Elizabeth Halt said...

Oh, that is lovely! It is so nice to hear about your weekend - and that you enjoyed your time away with your sisters and mom.

I happened across Precious at a bookstore and read some of the beginning. I know I can't watch the movie - that's a given - but I may finish the book sometime since it is her autobiography.

I spent a lot of time hiding in bathrooms with my hands squished tight over my ears going la-la-la in my life (outside was not an option, it was usually in motel rooms), so I know exactly how you felt. The only time I can sort of manage violence is if it's stylized (think Kill Bill) and other subjects are even more impossible. Glad you had the water to escape to in that moment ..

MindiJo said...

I'm so with you on the Precious thing. Someone started to tell me about it and I couldn't take it. I could never watch it. Breaks my heart and wouldn't leave me for a looooooooong time.
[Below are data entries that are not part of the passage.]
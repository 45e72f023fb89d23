-- ===== src/Prelude/StringSet/Intersection.antt =====
-- `std::set_intersection` of two ascending ranges.
use Prim.Native.Nat.{◌≤◌}
use career_coordination_mcp.Prelude.Tests.{Bool-cases}
use career_coordination_mcp.Prelude.Lists.{length}
use career_coordination_mcp.Prelude.Text.{
  Str, str_eq, str_lt, str_eq_iff, str_lt_irrefl, str_lt_total, str_lt_asymm,
}
use career_coordination_mcp.Prelude.StringSet.{contains, IsAscending}
use career_coordination_mcp.Prelude.StringSet.Canonical.{Above-member}
use mathlib.Core.Path.{◌≡◌, refl, sym, ap, ◌∙◌}
use mathlib.Core.Logic.{inl, inr}
use mathlib.Core.Bool.{Bool, true, false, ◌&&◌, ◌||◌}
use mathlib.Core.List.{List, [], ◌∷◌}
use native.Mathlib.Omega.{arith}

-- Two cursors: the smaller head is skipped, equal heads are copied.
unfoldable pub set_intersection : List Str → List Str → List Str
set_intersection [] b = []
set_intersection (x ∷ a) [] = []
set_intersection (x ∷ a) (y ∷ b) = elim (str_lt x y) [
  | true ↦ set_intersection a (y ∷ b)
  | false ↦ elim (str_lt y x) [
    | true ↦ set_intersection (x ∷ a) b
    | false ↦ x ∷ set_intersection a b
  ]
]

pub length-set_intersection : (a b : List Str) → length (set_intersection a b) ≤ length a
unfolding set_intersection
length-set_intersection [] b = omega arith
length-set_intersection (x ∷ a) [] = omega arith
length-set_intersection (x ∷ a) (y ∷ b) = ground (
  arith,
  length-set_intersection a (y ∷ b),
  length-set_intersection (x ∷ a) b,
  length-set_intersection a b,
)

-- An element below the head of an ascending range is not the member `z`.
member_ne :
    (x y : Str) (b : List Str) (z : Str)
    → IsAscending (y ∷ b)
    → str_lt x y ≡ true
    → contains (y ∷ b) z ≡ true
    → str_eq x z ≡ false
unfolding contains
member_ne x y b z k lt m = ground (
  arith,
  str_eq_iff x z,
  str_eq_iff y z,
  Above-member y b z k.1 k.0,
  str_lt_asymm x y,
  str_lt_irrefl x,
)

and_false : (b : Bool) → false ≡ (b && false)
and_false true = refl
and_false false = refl

drop_left : (p q r : Bool) → (r ≡ true → p ≡ false) → (q && r) ≡ ((p || q) && r)
drop_left false q r h = refl
drop_left true true true h = refl
drop_left true true false h = refl
drop_left true false true h = sym (h refl)
drop_left true false false h = refl

drop_right : (p q r : Bool) → (r ≡ true → p ≡ false) → (r && q) ≡ (r && (p || q))
drop_right false q r h = refl
drop_right true true true h = refl
drop_right true false true h = sym (h refl)
drop_right true q false h = refl

take_both :
    (x : Str) (a : List Str) (y : Str) (b : List Str) (z : Str)
    → str_lt x y ≡ false
    → str_lt y x ≡ false
    → (str_eq x z || (contains a z && contains b z)) ≡ (contains (x ∷ a) z && contains (y ∷ b) z)
unfolding contains
take_both x a y b z p q = ground (arith, str_eq_iff x z, str_eq_iff y z, str_lt_total x y)

-- A text belongs to the intersection exactly when it belongs to both ranges.
pub contains-set_intersection :
    (a b : List Str) (z : Str)
    → IsAscending a
    → IsAscending b
    → contains (set_intersection a b) z ≡ (contains a z && contains b z)
unfolding set_intersection contains
contains-set_intersection [] b z h k = refl
contains-set_intersection (x ∷ a) [] z h k = and_false (contains (x ∷ a) z)
contains-set_intersection (x ∷ a) (y ∷ b) z h k =
    let left = contains-set_intersection a (y ∷ b) z h.1 k in
    let right = contains-set_intersection (x ∷ a) b z h k.1 in
    let both = contains-set_intersection a b z h.1 k.1 in
    elim (Bool-cases (str_lt x y)) [
      | inl p ↦ rw (p, set_intersection) (left ∙ drop_left _ _ _ (member_ne x y b z k p))
      | inr p ↦ elim (Bool-cases (str_lt y x)) [
        | inl q ↦ rw (p, q, set_intersection) (right ∙ drop_right _ _ _ (member_ne y x a z h q))
        | inr q ↦
            rw (p, q, set_intersection) (ap (λ t. str_eq x z || t) both ∙ take_both x a y b z p q)
      ]
    ]
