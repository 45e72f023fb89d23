-- ===== src/Matching/Tokens.antt =====
-- The tokens that the matcher compares, and the text that it embeds (the helpers of
-- src/matching/matcher.cpp). `extract_intersection` is `std::set_intersection`, in `Prelude`.
use career_coordination_mcp.Prelude.{Str, lit, not, List, [], ◌∷◌, ◌++◌, if◌then◌else◌, is_empty}
use career_coordination_mcp.Prelude.StringSet.{insert_all}
use career_coordination_mcp.Core.Normalization.{tokenize_ascii, default_min_length}
use career_coordination_mcp.Domain.Atom.{ExperienceAtom}
use career_coordination_mcp.Domain.Opportunity.{Requirement, Opportunity}

-- The loop of `build_query_text`, from the text so far
unfoldable pub extend_query : Str → List Requirement → Str
extend_query query [] = query
extend_query query (req ∷ reqs) =
    extend_query ((if not (is_empty query) then query ++ lit " " else query) ++ req.text) reqs

unfoldable pub build_query_text : Opportunity → Str
unfolding extend_query
build_query_text opportunity = extend_query [] opportunity.requirements

unfoldable pub tokenize_field : Str → List Str
unfolding tokenize_ascii insert_all
tokenize_field text = insert_all [] (tokenize_ascii text default_min_length)

unfoldable pub combine_token_sets : List Str → List Str → List Str → List Str
unfolding insert_all
combine_token_sets a b c = insert_all (insert_all (insert_all [] a) b) c

-- The tokens of an atom: of its claim and its title, and its tags
unfoldable pub atom_tokens : ExperienceAtom → List Str
unfolding tokenize_field combine_token_sets
atom_tokens atom =
    combine_token_sets (tokenize_field atom.claim) (tokenize_field atom.title) atom.tags

-- The tokens of all requirements, one after another
unfoldable pub requirement_tokens : List Requirement → List Str
unfolding tokenize_field
requirement_tokens [] = []
requirement_tokens (req ∷ reqs) = tokenize_field req.text ++ requirement_tokens reqs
But on a happy note, I am so glad that you had a beautiful time with your sisters and that you heard some nice things about yourself! You deserve it.

Leanne said...

LOVELY.

I am so glad you have that description of the movie. I will not be watching it either. There is a movie with J. Travolta The General's Daughter - it gave me nightmares for two weeks. HORRIBLE. I literally hated closing my eyes. Some things should not be made into images, agreed. (PS Your reaction was appropriate. You are the only one with small children right now, right? You couldn't help but put your babies there, IMO)

I'm glad you had a good time, though, and I LOVE the pics!

Anonymous said...

Sounds like a great way to reconnect with your family. Enjoy those memories.....

-B

Julie said...

Yay! I've been awaiting the weekend update! I realize it's only Monday but I get impatient. :)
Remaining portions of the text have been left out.